Bild: Siemens Healthineers
Einzelhandel und Systemgastronomie
Bei den Fastfood-Ketten KFC und Pizza Hut von Yum China und den Cafes von Luckin Coffee bleiben derzeit die Türen geschlossen. Die schwedische Modekette H&M schloss etwa 45 Filialen in China, der Jeans-Hersteller Levi Strauss ungefähr die Hälfte seiner Läden. Experten gehen aber davon aus, dass die Auswirkungen übersichtlich bleiben, da ihre Geschäfte nun überwiegend online abgewickelt werden.
Bild: picture-alliancedpa/imaginechina/Y. Xuan
Keine Zeit für die "schönste Nebensache der Welt"
Wie auch US-Konkurrent Nike schließt der deutsche Sportartikelhersteller Adidas in China vorübergehend viele seiner eigenen Geschäfte. Darüber hinaus, so der Konzern, werde das Franchise-Geschäfts genau beobachtet. Es sei aber noch zu früh, um die Auswirkungen zu beurteilen. Reklame-Veranstaltungen wie diese mit Fußballstar Paul Pogba in Hongkong 2017 wird es jetzt jedenfalls nicht geben.

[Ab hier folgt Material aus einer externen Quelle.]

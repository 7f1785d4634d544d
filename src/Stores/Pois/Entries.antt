-- ===== src/Stores/Pois/Entries.antt =====
-- What the rows of a connection list, of backend/poi_admin/stores/service.py.
use poi_hub.Base.{ℕ, String, not, Option, none, some, List, [], ◌∷◌, ◌&&◌, ◌==◌, if◌then◌else◌}
use poi_hub.Base.Rows.{find, any}
use poi_hub.Base.Int.{ℤ}
use poi_hub.Base.Json.{Json, Fields, get}
use poi_hub.Stores.Model.{ServicePoi}
use poi_hub.Stores.Pois.{PoiResult, is_remote, is_provisional, category_of, dict_of}

-- what a row says of a POI
pub record PoiEntry : Type 0 where
  pub name : String
  pub address : String
  pub latitude : Option ℤ
  pub longitude : Option ℤ
  pub status : String
  pub category : Option String
  pub qualification : Option Fields
  pub checksum : String
  pub synced_at : ℕ

abbrev pub entry : ServicePoi → PoiEntry
entry p = record {
  name = p.name;
  address = p.address;
  latitude = p.latitude;
  longitude = p.longitude;
  status = p.remote_status;
  category = p.category;
  qualification = p.qualification_summary;
  checksum = p.raw_checksum;
  synced_at = p.last_synced_at;
}

abbrev pub map_some {ℓ} : {A B : Type ℓ} → (A → B) → Option A → Option B
map_some f none = none
map_some f (some a) = some (f a)

-- the listing of a connection: its entries by their remote ids
abbrev pub listing : String → String → List ServicePoi → String → Option PoiEntry
listing tenant c table k = map_some entry (find (is_remote tenant c k) table)

-- an entry that is set deleted
abbrev pub dropped : ℕ → PoiEntry → PoiEntry
dropped now e = record e { status = "deleted"; synced_at = now }

module _ (checksum : PoiResult → String) (show : Json → String) where
  abbrev pub entry_of : ℕ → PoiResult → PoiEntry
  unfolding category_of dict_of
  entry_of now r = record {
    name = r.name;
    address = r.address;
    latitude = r.latitude;
    longitude = r.longitude;
    status = r.status;
    category = category_of show (get "category" r.raw);
    qualification = dict_of (get "qualification_summary" r.raw);
    checksum = checksum r;
    synced_at = now;
  }

  -- the entry of the last result with this id, or what was there
  abbrev pub overlaid : ℕ → String → List PoiResult → Option PoiEntry → Option PoiEntry
  overlaid now k [] e = e
  overlaid now k (r ∷ rs) e = overlaid now k rs (if r.poi_id == k then some (entry_of now r) else e)

  -- what the listing becomes: a POI that is not listed is deleted, if its id is not provisional
  abbrev pub relisted : ℕ → String → List PoiResult → Option PoiEntry → Option PoiEntry
  unfolding is_provisional
  relisted now k remotes e = overlaid now k remotes (
      if not (any (λ r. r.poi_id == k) remotes) && not (is_provisional k)
      then map_some (dropped now) e
      else e)
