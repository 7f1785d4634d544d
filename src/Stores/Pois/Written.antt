-- ===== src/Stores/Pois/Written.antt =====
-- What one result of a synchronization changes in the listing of a connection, of
-- backend/poi_admin/stores/service.py.
use poi_hub.Base.{
  ℕ, String, ◌≡◌, refl, ap, true, false, none, some, List, [], ◌∷◌, ◌++◌, ◌==◌, if◌then◌else◌,
  arith, eq_iff, eq_refl, Bool-cases, Option-cases, inl, inr,
}
use poi_hub.Base.Rows.{find, write, select}
use poi_hub.Base.Rows.Laws.{
  find-write, find-write_apart, find-write_unseen, find-write_new, select-find, find-append,
  find-test,
}
use poi_hub.Base.Json.{Json}
use poi_hub.Stores.Model.{ServicePoi}
use poi_hub.Stores.Pois.{
  PoiResult, is_remote, is_audit, refreshed, new_poi, is_pending, identified, sync_one,
}
use poi_hub.Stores.Pois.Entries.{entry, listing, entry_of}

unseen :
    (tenant c j k : String) (p : ServicePoi)
    → (j == k) ≡ false
    → is_remote tenant c j p ≡ true
    → is_remote tenant c k p ≡ false
unfolding is_remote
unseen tenant c j k p h e = ground (arith, eq_iff p.external_poi_id j, eq_iff p.external_poi_id k)

module _ (checksum : PoiResult → String) (fold : String → String) (show : Json → String) where
  kept_key :
      (now : ℕ) (r : PoiResult) (tenant c k : String) (p : ServicePoi)
      → is_remote tenant c k (refreshed checksum fold show now r p) ≡ is_remote tenant c k p
  unfolding is_remote refreshed
  kept_key now r tenant c k p = refl

  entry-refreshed :
      (now : ℕ) (r : PoiResult) (p : ServicePoi)
      → entry (refreshed checksum fold show now r p) ≡ entry_of checksum show now r
  unfolding refreshed
  entry-refreshed now r p = refl

  -- a row that waits for its audit is found by no other id, before and after it gets its own
  pending_unseen :
      (tenant c k : String) (existing : List ServicePoi) (r : PoiResult) (p : ServicePoi)
      → is_audit k ≡ false
      → is_pending checksum fold show tenant c existing r p ≡ true
      → is_remote tenant c k p ≡ false
  unfolding is_remote is_pending
  pending_unseen tenant c k existing r p h e = ground (arith, eq_iff p.external_poi_id k)

  identified_unseen :
      (tenant c k : String) (existing : List ServicePoi) (now : ℕ) (r : PoiResult) (p : ServicePoi)
      → (r.poi_id == k) ≡ false
      → is_remote tenant c k (identified checksum fold show now r p) ≡ false
  unfolding is_remote identified refreshed
  identified_unseen tenant c k existing now r p h = ground arith

  identified_seen :
      (tenant c : String) (existing : List ServicePoi) (now : ℕ) (r : PoiResult) (p : ServicePoi)
      → is_pending checksum fold show tenant c existing r p ≡ true
      → is_remote tenant c r.poi_id (identified checksum fold show now r p) ≡ true
  unfolding is_remote is_pending identified refreshed
  identified_seen tenant c existing now r p h = ground (arith, eq_refl r.poi_id)

  new_seen :
      (i tenant c k : String) (now : ℕ) (r : PoiResult)
      → is_remote tenant c k
          (refreshed checksum fold show now r (new_poi checksum fold show i tenant c now r))
        ≡ (r.poi_id == k)
  unfolding is_remote refreshed new_poi
  new_seen i tenant c k now r = ground (arith, eq_refl tenant, eq_refl c)

  module _ (i : String) (now : ℕ) (tenant c : String) (existing : List ServicePoi) (r : PoiResult)
      (k : String) (plain : is_audit k ≡ false) where
    abbrev pub after : List ServicePoi → List ServicePoi
    unfolding sync_one
    after table = (sync_one checksum fold show i now tenant c existing r table).1

    listing-appended :
        (table : List ServicePoi)
        → find (is_remote tenant c r.poi_id) table ≡ none
        → listing tenant c
            (table
              ++ refreshed checksum fold show now r (new_poi checksum fold show i tenant c now r)
                ∷ [])
            k
          ≡ (if r.poi_id == k
              then some (entry_of checksum show now r)
              else listing tenant c table k)
    listing-appended table miss =
        rw
          (find-append (is_remote tenant c k) table
            (refreshed checksum fold show now r (new_poi checksum fold show i tenant c now r)))
          (elim (Option-cases (find (is_remote tenant c k) table)) [
            | inl none' ↦
                rw (none', new_seen i tenant c k now r)
                  (elim (Bool-cases (r.poi_id == k)) [
                    | inl same ↦ rw same (ap some (entry-refreshed now r _))
                    | inr other ↦ rw other refl
                  ])
            | inr (p, found) ↦ elim (Bool-cases (r.poi_id == k)) [
              | inl same ↦
                  let e : r.poi_id ≡ k = (eq_iff r.poi_id k).0 same in
                  let clash : find (is_remote tenant c k) table ≡ none = rw (← e) miss in
                  absurd (ground arith)
              | inr other ↦ rw (found, other) refl
            ]
          ])

    listing-written :
        (table : List ServicePoi) (p : ServicePoi)
        → find (is_remote tenant c r.poi_id) table ≡ some p
        → listing tenant c
            (write (is_remote tenant c r.poi_id) (refreshed checksum fold show now r) table)
            k
          ≡ (if r.poi_id == k
              then some (entry_of checksum show now r)
              else listing tenant c table k)
    listing-written table p found = elim (Bool-cases (r.poi_id == k)) [
      | inl same ↦
          let e : r.poi_id ≡ k = (eq_iff r.poi_id k).0 same in
          let w : find (is_remote tenant c k)
                (write (is_remote tenant c r.poi_id) (refreshed checksum fold show now r) table)
              ≡ some (refreshed checksum fold show now r p) =
            rw (← e) (
              rw
                (
                  find-write (is_remote tenant c r.poi_id) (is_remote tenant c r.poi_id)
                      (refreshed checksum fold show now r) (kept_key now r tenant c r.poi_id)
                      (λ x h. h) table,
                  found,
                  find-test (is_remote tenant c r.poi_id) table p found,
                )
                refl) in
          rw (same, w) (ap some (entry-refreshed now r p))
      | inr other ↦
          rw
            (
              other,
              find-write_apart (is_remote tenant c k) (is_remote tenant c r.poi_id)
                  (refreshed checksum fold show now r) (kept_key now r tenant c k)
                  (λ x h. unseen tenant c r.poi_id k x other h) table,
            )
            refl
    ]

    listing-identified :
        (table : List ServicePoi) (p : ServicePoi) (rest : List ServicePoi)
        → find (is_remote tenant c r.poi_id) table ≡ none
        → select (is_pending checksum fold show tenant c existing r) table ≡ p ∷ rest
        → listing tenant c
            (write
              (is_pending checksum fold show tenant c existing r)
              (identified checksum fold show now r)
              table)
            k
          ≡ (if r.poi_id == k
              then some (entry_of checksum show now r)
              else listing tenant c table k)
    unfolding identified
    listing-identified table p rest miss waits = elim (Bool-cases (r.poi_id == k)) [
      | inl same ↦
          let e : r.poi_id ≡ k = (eq_iff r.poi_id k).0 same in
          let w : find (is_remote tenant c k) (
                write (is_pending checksum fold show tenant c existing r)
                  (identified checksum fold show now r) table)
              ≡ some (identified checksum fold show now r p) =
            rw (← e) (
              find-write_new (is_remote tenant c r.poi_id)
                (is_pending checksum fold show tenant c existing r)
                (identified checksum fold show now r)
                (λ x h. identified_seen tenant c existing now r x h) table p miss
                (select-find (is_pending checksum fold show tenant c existing r) table p rest
                  waits)) in
          rw (same, w) (ap some (entry-refreshed now r (record p { external_poi_id = r.poi_id })))
      | inr other ↦
          rw
            (
              other,
              find-write_unseen (is_remote tenant c k)
                  (is_pending checksum fold show tenant c existing r)
                  (identified checksum fold show now r)
                  (λ x h. pending_unseen tenant c k existing r x plain h)
                  (λ x h. identified_unseen tenant c k existing now r x other) table,
            )
            refl
    ]

    listing-missed :
        (table ps : List ServicePoi)
        → find (is_remote tenant c r.poi_id) table ≡ none
        → select (is_pending checksum fold show tenant c existing r) table ≡ ps
        → listing tenant c (after table) k ≡ (
            if r.poi_id == k then some (entry_of checksum show now r) else listing tenant c table k)
    unfolding sync_one
    listing-missed table [] miss e = rw (after, sync_one, miss, e) (listing-appended table miss)
    listing-missed table (p ∷ []) miss e =
        rw (after, sync_one, miss, e) (listing-identified table p [] miss e)
    listing-missed table (p ∷ q ∷ ps) miss e =
        rw (after, sync_one, miss, e) (listing-appended table miss)

    pub listing-sync_one :
        (table : List ServicePoi)
        → listing tenant c (after table) k ≡ (
            if r.poi_id == k then some (entry_of checksum show now r) else listing tenant c table k)
    unfolding sync_one
    listing-sync_one table = elim (Option-cases (find (is_remote tenant c r.poi_id) table)) [
      | inr (p, found) ↦ rw (after, sync_one, found) (listing-written table p found)
      | inl miss ↦
          listing-missed table (select (is_pending checksum fold show tenant c existing r) table)
            miss refl
    ]
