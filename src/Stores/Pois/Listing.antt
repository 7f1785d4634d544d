-- ===== src/Stores/Pois/Listing.antt =====
-- What a synchronization of POIs makes of a connection's listing, of
-- backend/poi_admin/stores/service.py.
use poi_hub.Base.{
  ℕ, suc, String, ◌≡◌, refl, ap, true, false, not, some, List, [], ◌∷◌, ◌&&◌, ◌==◌, ◌∙◌,
  if◌then◌else◌, arith, eq_iff, Bool-cases, Option-cases, inl, inr,
}
use poi_hub.Base.Rows.{find, any, select}
use poi_hub.Base.Rows.Laws.{find-update, find-test}
use poi_hub.Base.Json.{Json}
use poi_hub.Base.Result.{Result, ok, after_ok}
use poi_hub.Connections.Model.{WeChatConnection}
use poi_hub.Operations.Errors.{Failure}
use poi_hub.Stores.Model.{ServicePoi}
use poi_hub.Stores.Pois.{
  PoiResult, of_connection, is_remote, is_audit, is_provisional, sync_one, sync_all, is_stale,
  marked, mark_stale, sync_pois, listed_by, list_pois, check,
}
use poi_hub.Stores.Pois.Entries.{entry, map_some, listing, dropped, overlaid, relisted}
use poi_hub.Stores.Pois.Written.{listing-sync_one}

module _ (checksum : PoiResult → String) (fold : String → String) (show : Json → String) where
  listing-sync_all :
      (new_id : ℕ → String) (n now : ℕ) (tenant c : String) (existing : List ServicePoi)
      (rs : List PoiResult) (table : List ServicePoi) (k : String)
      → is_audit k ≡ false
      → listing tenant c (sync_all checksum fold show new_id n now tenant c existing rs table).1 k
        ≡ overlaid checksum show now k rs (listing tenant c table k)
  unfolding sync_all
  listing-sync_all new_id n now tenant c existing [] table k plain = refl
  listing-sync_all new_id n now tenant c existing (r ∷ rs) table k plain =
      listing-sync_all new_id (suc n) now tenant c existing rs
        (sync_one checksum fold show (new_id n) now tenant c existing r table).1 k plain
      ∙ ap (overlaid checksum show now k rs)
          (listing-sync_one checksum fold show (new_id n) now tenant c existing r k plain table)

stale_here :
    (tenant c k : String) (remotes : List PoiResult) (p : ServicePoi)
    → is_remote tenant c k p ≡ true
    → is_stale tenant c remotes p ≡ not (any (λ r. r.poi_id == k) remotes) && not (is_provisional k)
unfolding is_remote is_stale
stale_here tenant c k remotes p h =
    let e : p.external_poi_id ≡ k = (eq_iff p.external_poi_id k).0 (ground arith) in
    rw (← e) (ground arith)

marked_key :
    (now : ℕ) (tenant c k : String) (p : ServicePoi)
    → is_remote tenant c k (marked now p) ≡ is_remote tenant c k p
unfolding is_remote marked
marked_key now tenant c k p = refl

entry-marked : (now : ℕ) (p : ServicePoi) → entry (marked now p) ≡ dropped now (entry p)
unfolding marked
entry-marked now p = refl

listing-mark_stale :
    (now : ℕ) (tenant c k : String) (remotes : List PoiResult) (table : List ServicePoi)
    → listing tenant c (mark_stale now tenant c remotes table) k ≡ (
        if not (any (λ r. r.poi_id == k) remotes) && not (is_provisional k)
        then map_some (dropped now) (listing tenant c table k)
        else listing tenant c table k)
unfolding mark_stale
listing-mark_stale now tenant c k remotes table =
    rw
      (find-update (is_remote tenant c k) (is_stale tenant c remotes) (marked now)
        (marked_key now tenant c k) table)
      (elim (Option-cases (find (is_remote tenant c k) table)) [
        | inl miss ↦
            rw miss
              (elim (Bool-cases
                (not (any (λ r. r.poi_id == k) remotes) && not (is_provisional k))) [
                  | inl t ↦ rw t refl
                  | inr t ↦ rw t refl
                ])
        | inr (p, found) ↦
            rw
              (
                found,
                stale_here tenant c k remotes p (find-test (is_remote tenant c k) table p found),
              )
              (elim (Bool-cases
                (not (any (λ r. r.poi_id == k) remotes) && not (is_provisional k))) [
                  | inl t ↦ rw t (ap some (entry-marked now p))
                  | inr t ↦ rw t refl
                ])
      ])

-- After a synchronization with a gateway that answers `remotes`, each remote id that does not start
-- with "audit:" has the entry of the last result with this id. Without one, the entry that was
-- there is set deleted, or is kept if the id is provisional.
pub sync_pois-listing :
    (checksum : PoiResult → String) (fold : String → String) (show : Json → String)
    (new_id : ℕ → String) (now : ℕ) (tenant : String) (c : WeChatConnection)
    (remotes : List PoiResult) (mock : Result Failure (List PoiResult)) (table : List ServicePoi)
    (k : String) (ids : List String) (table' : List ServicePoi)
    → is_audit k ≡ false
    → sync_pois checksum fold show new_id now tenant c (some (ok remotes)) mock table
      ≡ ok (ids, table')
    → listing tenant c.id table' k
      ≡ relisted checksum show now k remotes (listing tenant c.id table k)
unfolding sync_pois listed_by list_pois
sync_pois-listing checksum fold show new_id now tenant c remotes mock table k ids table' plain e =
    after_ok (check (c.tenant_id == tenant) "connection_not_found" 404) _ (ids, table') _
      (λ _ _ rest.
        after_ok (check (c.capability == "service_poi") "invalid_connection" 422) _ (ids, table') _
          (λ _ _ last.
            let same : table'
                ≡ (sync_all checksum fold show new_id 0 now tenant c.id
                    (select (of_connection tenant c.id) table) remotes
                    (mark_stale now tenant c.id remotes table)).1 =
              ground arith in
            rw same (
              listing-sync_all checksum fold show new_id 0 now tenant c.id
                (select (of_connection tenant c.id) table) remotes
                (mark_stale now tenant c.id remotes table) k plain
              ∙ ap (overlaid checksum show now k remotes)
                  (listing-mark_stale now tenant c.id k remotes table)))
          rest)
      e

Bild: picture-alliance/dpa/Stringer/Imaginechina
Besonders gefährdet: Die Autobauer
Die Epidemie habe "eine enorme wirtschaftliche Tragweite", gerade für die deutschen Autobauer, erklärt Autoexperte Ferdinand Dudenhöffer. So bleiben die 33 Werke von Volkswagen (hier die konzerneigene Versuchsstrecke in Xinjiang) und seinen Joint Ventures in China noch bis zum Wochenende geschlossen, Geplante Auslieferungen seien aber nicht gefährdet.
Bild: Imago Images/Xinhua
An keinem geht es einfach so vorbei
Bei Daimler (hier ein Maybach bei einer Messe in Peking) soll der Großteil der chinesischen Produktion am kommenden Montag wieder anlaufen. Dabei setze das Unternehmen aber "verstärkt auf Homeoffice". Auch bei BMW starten die Produktion in Shenyang sowie die Büroarbeit im Vertrieb voraussichtlich am Montag wieder. Vertriebler arbeiten demnach zwischenzeitlich von Zuhause aus.
Bild: picture alliance/dpa
Honda bleibt vorsichtig
Der japanische Autobauer Honda hält seine drei zusammen mit dem chinesischen Hersteller Dongfeng betriebenen Autowerke in Wuhan länger geschlossen. Der Betrieb werde bis mindestens zum 13. Februar ruhen, sagte ein Sprecher. Ob die Produktion dann wieder anläuft, sei noch nicht klar. Man halte sich an die Vorgaben der lokalen Behörden.
Bild: picture-alliance/dpa
Der Nachschub bleibt aus
Das Virus wird zunehmend zum Problem der global verzahnten Lieferketten. Dafür ist die Autoindustrie ein gutes Beispiel. So wird der südkoreanische Hersteller Hyundai seine gesamte heimische Produktion noch in dieser Woche auszusetzen. Der Grund: fehlende Teile, die normalerweise aus China geliefert werden. Analysten gehen davon aus, dass ähnliche Probleme viele Unternehmen treffen werden.
Bild: Reuters/Aly Song
Die Chinesen bleiben aus
Auch in Deutschland sind Einschränkungen bereits spürbar: Wegen der Ansteckungsgefahr werden auf der Frankfurter Konsumgütermesse "Ambiente" weniger Besucher erwartet. Das ergebe sich schon aus den deutlich reduzierten Flugverbindungen aus China, sagte ein Sprecher der Messegesellschaft. Die Lufthansa und andere Airlines haben ihre Verbindungen auf das chinesische Festland unterbrochen.
Bild: Dagmara Jakubczak
Hauptsache vorbereitet
Am Frankfurter Flughafen ist bereits eine Quarantänehalle für Corona-Evakuierte eingerichtet worden. Die meisten Passagiere aus China landen in Deutschland in der Regel in Frankfurt (2018 waren es mehr als eine Million). Wichtigste chinesische Airports für die Verbindung mit Deutschland waren die Flughäfen in Peking, Shanghai und Hongkong. Direktflüge von und nach Wuhan fanden nicht statt.